日本における耐候性鋼の開発研究は、アメリカから耐候性鋼が導入された1950年代後半になってからです。

当時の日本の鉄鋼各社によって、盛んに耐候性鋼の研究が行われました。耐候性鋼の製品化の歴史は、1957年に日本鋼管が含銅鋼に若干のP(りん)を添加した成分系の耐候性熱延鋼板「CUPLOY」の販売を開始したのがスタートといわれています。

JFEスチール株式会社
JFEスチール株式会社

日本の耐候性鋼

次に、1958年に川崎製鉄もCu-P系の耐候性鋼張力鋼を販売を開始しました。八幡製鉄も1960年にCu(銅)、P(りん)、Cr(クロム)を含んだCu-P-Cr系のYAW-TEN50を開発しました。また、同じころ、富士製鉄がU.S.Steel 社と技術提携したCu(銅)、P(りん)、Cr(クロム)、Ni(ニッケル)を添加したCu-P-Cr-Ni系の耐候性鋼張力鋼CORTENを販売開始しました。

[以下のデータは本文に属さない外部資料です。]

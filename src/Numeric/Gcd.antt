-- ===== src/Numeric/Gcd.antt =====
-- `std::gcd` on magnitudes, by Euclid's algorithm. The fuel is one more than the second number, which
-- grows smaller in each round.
use native.Mathlib.Nat.{
  mod-lt, dvd_refl, dvd-zero, dvd-mod_iff, dvd_of_mul-dvd-mul_left, mul-div_cancel', mul-one,
  mul-dvd-mul_left, eq-one_of_dvd-one,
}
use Prim.Native.Nat.{◌∣◌}
use cpp_essence.Prelude.{ℕ, zero, suc, ◌*◌, ◌/◌, ◌%◌, ◌<◌, ◌≡◌, sym, arith, subst}

unfoldable pub gcd_rounds : ℕ → ℕ → ℕ → ℕ
gcd_rounds zero a b = a
gcd_rounds (suc fuel) a zero = a
gcd_rounds (suc fuel) a (suc b) = gcd_rounds fuel (suc b) (a % suc b)

unfoldable pub gcd : ℕ → ℕ → ℕ
unfolding gcd_rounds
gcd a b = gcd_rounds (suc b) a b

gcd_rounds-divides :
    (fuel a b : ℕ) → b < fuel → (gcd_rounds fuel a b ∣ a) × (gcd_rounds fuel a b ∣ b)
unfolding gcd_rounds
gcd_rounds-divides zero a b h = ground (arith, h)
gcd_rounds-divides (suc fuel) a zero h = (dvd_refl a, dvd-zero a)
gcd_rounds-divides (suc fuel) a (suc b) h =
    let (of_b, of_rest) =
      gcd_rounds-divides fuel (suc b) (a % suc b)
        (omega (arith, h, mod-lt a {m = suc b} (omega arith))) in
    ((dvd-mod_iff (gcd_rounds fuel (suc b) (a % suc b)) of_b).0 of_rest, of_b)

gcd_rounds-greatest : (fuel a b d : ℕ) → d ∣ a → d ∣ b → d ∣ gcd_rounds fuel a b
unfolding gcd_rounds
gcd_rounds-greatest zero a b d of_a of_b = of_a
gcd_rounds-greatest (suc fuel) a zero d of_a of_b = of_a
gcd_rounds-greatest (suc fuel) a (suc b) d of_a of_b =
    gcd_rounds-greatest fuel (suc b) (a % suc b) d of_b ((dvd-mod_iff d of_b).1 of_a)

pub gcd-divides : (a b : ℕ) → (gcd a b ∣ a) × (gcd a b ∣ b)
unfolding gcd
gcd-divides a b = gcd_rounds-divides (suc b) a b (omega arith)

pub gcd-greatest : (a b d : ℕ) → d ∣ a → d ∣ b → d ∣ gcd a b
unfolding gcd
gcd-greatest a b d of_a of_b = gcd_rounds-greatest (suc b) a b d of_a of_b

-- Of two numbers that are divided by their greatest common divisor nothing but one divides both.
pub lowest_terms : (a b d : ℕ) → 0 < gcd a b → d ∣ a / gcd a b → d ∣ b / gcd a b → d ≡ 1
lowest_terms a b d h of_a of_b =
    let g = gcd a b in
    let (div_a, div_b) = gcd-divides a b in
    eq-one_of_dvd-one (
      dvd_of_mul-dvd-mul_left d h (
        subst (λ (k : ℕ). g * d ∣ k) (sym (mul-one g))
          (gcd-greatest a b (g * d)
            (subst (λ (k : ℕ). g * d ∣ k) (mul-div_cancel' g div_a) (mul-dvd-mul_left d g of_a))
            (subst (λ (k : ℕ). g * d ∣ k) (mul-div_cancel' g div_b) (mul-dvd-mul_left d g of_b)))))
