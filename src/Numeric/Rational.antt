-- ===== src/Numeric/Rational.antt =====
-- `rational` of include/essence/rational.hpp. An `std::int64_t` is an integer here: that its range is
-- left, which is undefined in the source, is not modelled.
pub mod Terms
pub mod Ceiling
use cpp_essence.Prelude.{
  ℕ, suc, zero, ◌+◌, ◌-◌, ◌*◌, ◌/◌, Bool, true, false, not, ◌&&◌, ltb, leb, Option, none, some,
  ◌==◌, if◌then◌else◌,
}
use cpp_essence.Numeric.Gcd.{gcd}

-- `negsuc n` is -(n + 1).
pub data ℤ : Type 0 where
  pos : ℕ → ℤ
  negsuc : ℕ → ℤ

abbrev pub negative : ℤ → Bool
negative (pos n) = false
negative (negsuc n) = true

abbrev pub magnitude : ℤ → ℕ
magnitude (pos n) = n
magnitude (negsuc n) = suc n

-- The integer of a magnitude, negated or not.
abbrev pub signed : Bool → ℕ → ℤ
signed b zero = pos zero
signed false (suc n) = pos (suc n)
signed true (suc n) = negsuc n

abbrev pub differ : Bool → Bool → Bool
differ true b = not b
differ false b = b

-- a - b, as an integer.
abbrev pub sub_ℕ : ℕ → ℕ → ℤ
sub_ℕ a b = if leb b a then pos (a - b) else negsuc (b - a - 1)

abbrev pub plus : ℤ → ℕ
plus (pos n) = n
plus (negsuc n) = 0

abbrev pub minus : ℤ → ℕ
minus (pos n) = 0
minus (negsuc n) = suc n

infixl 65 ◌+ℤ◌
infixl 70 ◌*ℤ◌ ◌/ℤ◌
unfoldable pub ◌+ℤ◌ : ℤ → ℤ → ℤ
a +ℤ b = sub_ℕ (plus a + plus b) (minus a + minus b)

unfoldable pub ◌*ℤ◌ : ℤ → ℤ → ℤ
a *ℤ b = signed (differ (negative a) (negative b)) (magnitude a * magnitude b)

-- Division of the language, which cuts the fraction off; by zero it is undefined.
unfoldable pub ◌/ℤ◌ : ℤ → ℤ → Option ℤ
a /ℤ b =
    if magnitude b == 0
    then none
    else some (signed (differ (negative a) (negative b)) (magnitude a / magnitude b))

pub record Rational : Type 0 where
  pub numerator : ℤ
  pub denominator : ℤ

unfoldable pub with_positive : ℤ → ℤ → Rational
with_positive n d =
    if negative d
    then record {
      numerator = signed (not (negative n)) (magnitude n);
      denominator = pos (magnitude d);
    }
    else record { numerator = n; denominator = d }

unfoldable pub quotients : Option ℤ → Option ℤ → Option Rational
unfolding with_positive
quotients (some n) (some d) = some (with_positive n d)
quotients none d = none
quotients (some n) none = none

-- There is no result where the source divides by zero.
unfoldable pub simplify : Rational → Option Rational
unfolding quotients ◌/ℤ◌
simplify r =
    let g = pos (gcd (magnitude r.numerator) (magnitude r.denominator)) in
    quotients (r.numerator /ℤ g) (r.denominator /ℤ g)

unfoldable pub make_rational : ℤ → ℤ → Option Rational
unfolding simplify
make_rational n d = simplify (record { numerator = n; denominator = d })

unfoldable pub reciprocal : Rational → Option Rational
unfolding make_rational
reciprocal r = make_rational r.denominator r.numerator

-- The product of the constructor's result, which is simplified once more.
unfoldable pub simplify_again : Option Rational → Option Rational
unfolding simplify
simplify_again none = none
simplify_again (some r) = simplify r

unfoldable pub multiply : Rational → Rational → Option Rational
unfolding make_rational simplify_again ◌*ℤ◌
multiply left right =
    simplify_again
      (make_rational (left.numerator *ℤ right.numerator) (left.denominator *ℤ right.denominator))

unfoldable pub is_equal : Rational → Rational → Bool
unfolding ◌*ℤ◌
is_equal left right =
    let a = left.numerator *ℤ right.denominator in
    let b = right.numerator *ℤ left.denominator in
    not (differ (negative a) (negative b)) && magnitude a == magnitude b

unfoldable pub ceil : Rational → Option ℤ
unfolding ◌+ℤ◌ ◌/ℤ◌
ceil r = (r.numerator +ℤ r.denominator +ℤ negsuc 0) /ℤ r.denominator
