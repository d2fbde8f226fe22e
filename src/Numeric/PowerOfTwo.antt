-- ===== src/Numeric/PowerOfTwo.antt =====
-- `ceil_power_of_two` of include/essence/math.hpp for 64 bits, where `__builtin_clzll` counts the
-- leading zeros. There is no result where the source shifts by 64 bits, which is undefined.
use native.Mathlib.Nat.{two-pow-succ, pow-le-pow_right}
use cpp_essence.Prelude.{
  ℕ, zero, suc, ◌+◌, ◌-◌, ◌*◌, ◌/◌, ◌%◌, ◌^◌, ◌≤◌, ◌<◌, ◌≡◌, refl, true, false, Option, none, some,
  ltb, ltb→lt, lt→ltb, ◌==◌, if◌then◌else◌, arith, Bool-cases, inl, inr,
}

-- 64 less the leading zeros, for a number of at most so many bits.
unfoldable pub bit_width : ℕ → ℕ → ℕ
bit_width zero x = 0
bit_width (suc bits) x = let rest = bit_width bits (x / 2) in if x == 0 then 0 else suc rest

unfoldable pub shift_left : ℕ → Option ℕ
shift_left s = if ltb s 64 then some (2 ^ s) else none

unfoldable pub ceil_power_of_two : ℕ → Option ℕ
unfolding bit_width shift_left
ceil_power_of_two number =
    if number == 1 then some 1 else shift_left (bit_width 64 ((number + (2 ^ 64 - 1)) % 2 ^ 64))

bit_width_bounds :
    (bits x : ℕ) → x < 2 ^ bits → (x < 2 ^ bit_width bits x) × (bit_width bits x ≤ bits)
unfolding bit_width
bit_width_bounds zero x h = (omega (arith, h), omega arith)
bit_width_bounds (suc bits) x h =
    let k = bit_width bits (x / 2) in
    let (below, few) = bit_width_bounds bits (x / 2) (omega (arith, h, two-pow-succ bits)) in
    elim (Bool-cases (x == 0)) [
      | inl e ↦ rw e (ground (arith, e), omega arith)
      | inr e ↦ rw e (omega (arith, below, two-pow-succ k), omega (arith, few))
    ]

half_zero : (bits x : ℕ) → (x == 0) ≡ true → bit_width bits x ≡ 0
unfolding bit_width
half_zero zero x e = refl
half_zero (suc bits) x e = rw e refl

nonzero : (x : ℕ) → (x == 0) ≡ false → 0 < x
nonzero x e = ground (arith, e)

bit_width-least : (bits x : ℕ) → x < 2 ^ bits → 0 < x → 2 ^ bit_width bits x ≤ 2 * x
unfolding bit_width
bit_width-least zero x h k = omega (arith, h, k)
bit_width-least (suc bits) x h k =
    let small : x / 2 < 2 ^ bits = omega (arith, h, two-pow-succ bits) in
    elim (Bool-cases (x == 0)) [
      | inl e ↦ ground (arith, e, k)
      | inr e ↦ rw e (elim (Bool-cases (x / 2 == 0)) [
        | inl f ↦ rw (half_zero bits (x / 2) f) (omega (arith, k))
        | inr f ↦ omega (
          arith,
          two-pow-succ (bit_width bits (x / 2)),
          bit_width-least bits (x / 2) small (nonzero (x / 2) f),
        )
      ])
    ]

bit_width_small : (y : ℕ) → 0 < y → y < 2 ^ 63 → bit_width 64 y < 64
bit_width_small y h small = elim (Bool-cases (ltb (bit_width 64 y) 64)) [
  | inl e ↦ ltb→lt (bit_width 64 y) 64 e
  | inr e ↦ omega (
    arith,
    bit_width-least 64 y (omega (arith, small)) h,
    small,
    pow-le-pow_right {n = 2} (omega arith) {i = 64} {j = bit_width 64 y} (ground (arith, e)),
  )
]

ceil_power_of_two_above :
    (y : ℕ) → 0 < y → y < 2 ^ 63 → ceil_power_of_two (suc y) ≡ some (2 ^ bit_width 64 y)
unfolding ceil_power_of_two shift_left
ceil_power_of_two_above y h small =
    rw (not_one y h, wrapped y small, lt→ltb (bit_width 64 y) 64 (bit_width_small y h small)) refl
  where
    not_one : (y : ℕ) → 0 < y → (suc y == 1) ≡ false
    not_one y h = ground (arith, h)

    wrapped : (y : ℕ) → y < 2 ^ 63 → (suc y + (2 ^ 64 - 1)) % 2 ^ 64 ≡ y
    wrapped y small = omega (arith, small)

-- The result is a power of two that is not below the number, and below its double.
pub ceil_power_of_two-bounds :
    (number : ℕ)
    → 0 < number
    → number ≤ 2 ^ 63
    → (s : ℕ) × (ceil_power_of_two number ≡ some (2 ^ s)) × (number ≤ 2 ^ s) × (2 ^ s < 2 * number)
unfolding ceil_power_of_two
ceil_power_of_two-bounds zero h small = ground (arith, h)
ceil_power_of_two-bounds (suc zero) h small = (0, refl, omega arith, omega arith)
ceil_power_of_two-bounds (suc (suc k)) h small =
    let y = suc k in
    (
      bit_width 64 y,
      ceil_power_of_two_above y (omega arith) (omega (arith, small)),
      omega (arith, bit_width_bounds 64 y (omega (arith, small))),
      omega (arith, bit_width-least 64 y (omega (arith, small)) (omega arith)),
    )
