-- ===== src/Crypto/BufferSize.antt =====
-- `calculate_output_buffer_size` of src/crypto/inout_buffer_pair.cpp, over the rational numbers and
-- the powers of two. There is no result where the source has an undefined one.
pub mod Bounds
use cpp_essence.Prelude.{ℕ, ◌+◌, ◌-◌, ◌%◌, ◌^◌, Option, none, some, map}
use cpp_essence.Numeric.Rational.{ℤ, pos, negsuc, Rational, make_rational, multiply, ceil}
use cpp_essence.Numeric.PowerOfTwo.{ceil_power_of_two}

-- `static_cast<std::size_t>`.
unfoldable pub to_size_t : ℤ → ℕ
to_size_t (pos n) = n % 2 ^ 64
to_size_t (negsuc n) = 2 ^ 64 - 1 - n % 2 ^ 64

unfoldable pub scaled : Rational → Option Rational → Option Rational
unfolding multiply
scaled factor none = none
scaled factor (some r) = multiply r factor

unfoldable pub rounded : Option Rational → Option ℤ
unfolding ceil
rounded none = none
rounded (some r) = ceil r

unfoldable pub power : Option ℤ → Option ℕ
unfolding ceil_power_of_two to_size_t
power none = none
power (some c) = ceil_power_of_two (to_size_t c)

unfoldable pub extended : ℕ → Option ℕ → Option ℕ
extended extra_size none = none
extended extra_size (some n) = some ((n + extra_size) % 2 ^ 64)

-- What a processor says of itself is given: its buffer's size, the factor and the extra size.
unfoldable pub calculate_output_buffer_size : ℕ → Rational → ℕ → Option ℕ
unfolding scaled rounded power extended make_rational
calculate_output_buffer_size buffer_size size_factor extra_size =
    extended extra_size
      (power (rounded (scaled size_factor (make_rational (pos buffer_size) (pos 1)))))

当時、すでに米国では大量に使用された実績があったことと、日本でも耐候性鋼の性能を示すための多くの腐食試験があったために、日本国内でも徐々にひろまっていきました。さらに、日本鋼管では、Mo(モリブデン)を加えた、Cu-P-Cr-Mo系のCUPTEN、1961年には日本製鋼所がZr(ジルコニウム)を加えたCu-P-Cr-Zr系のZIRTEN、1963年には住友金属、1964年には川崎製鉄がCu-P-Cr-Ni-Nb系のRIVERTENを、神戸製鋼所がP-Cu-Ni-Cr系のTAICORを発表しました。

新日本製鉄株式会社
新日本製鉄株式会社

日本の耐候性鋼は高性能?

日本の鉄鋼メーカーが知恵を出し合い、日本の環境にマッチした耐候性鋼が出来上がっていきました。これらの耐候性鋼はいずれもCu(銅)、P(りん)、Cr(クロム)をベースとした耐候性の高い鋼材で、主として船舶、鉄道車両に塗装して用いられました。

KOBELCO 神戸製鋼
KOBELCO 神戸製鋼

耐候性鋼のネーミング

それにしても、日本鋼管の耐候性鋼の当時の名称は「CUPLOY」です。銅(Cu)とりん(P)を含んだ合金(ALLOY)だから、「CUPLOY」なのでしょうか? 川崎製鉄は「川」(=RIVER)だから、RIVERTEN、日本製鋼所はZr(ジルコニウム)を加えたからZIRTENなのでしょうか?

研究の賜物の製品の割には、面白くてわかりやすいネーミングですね。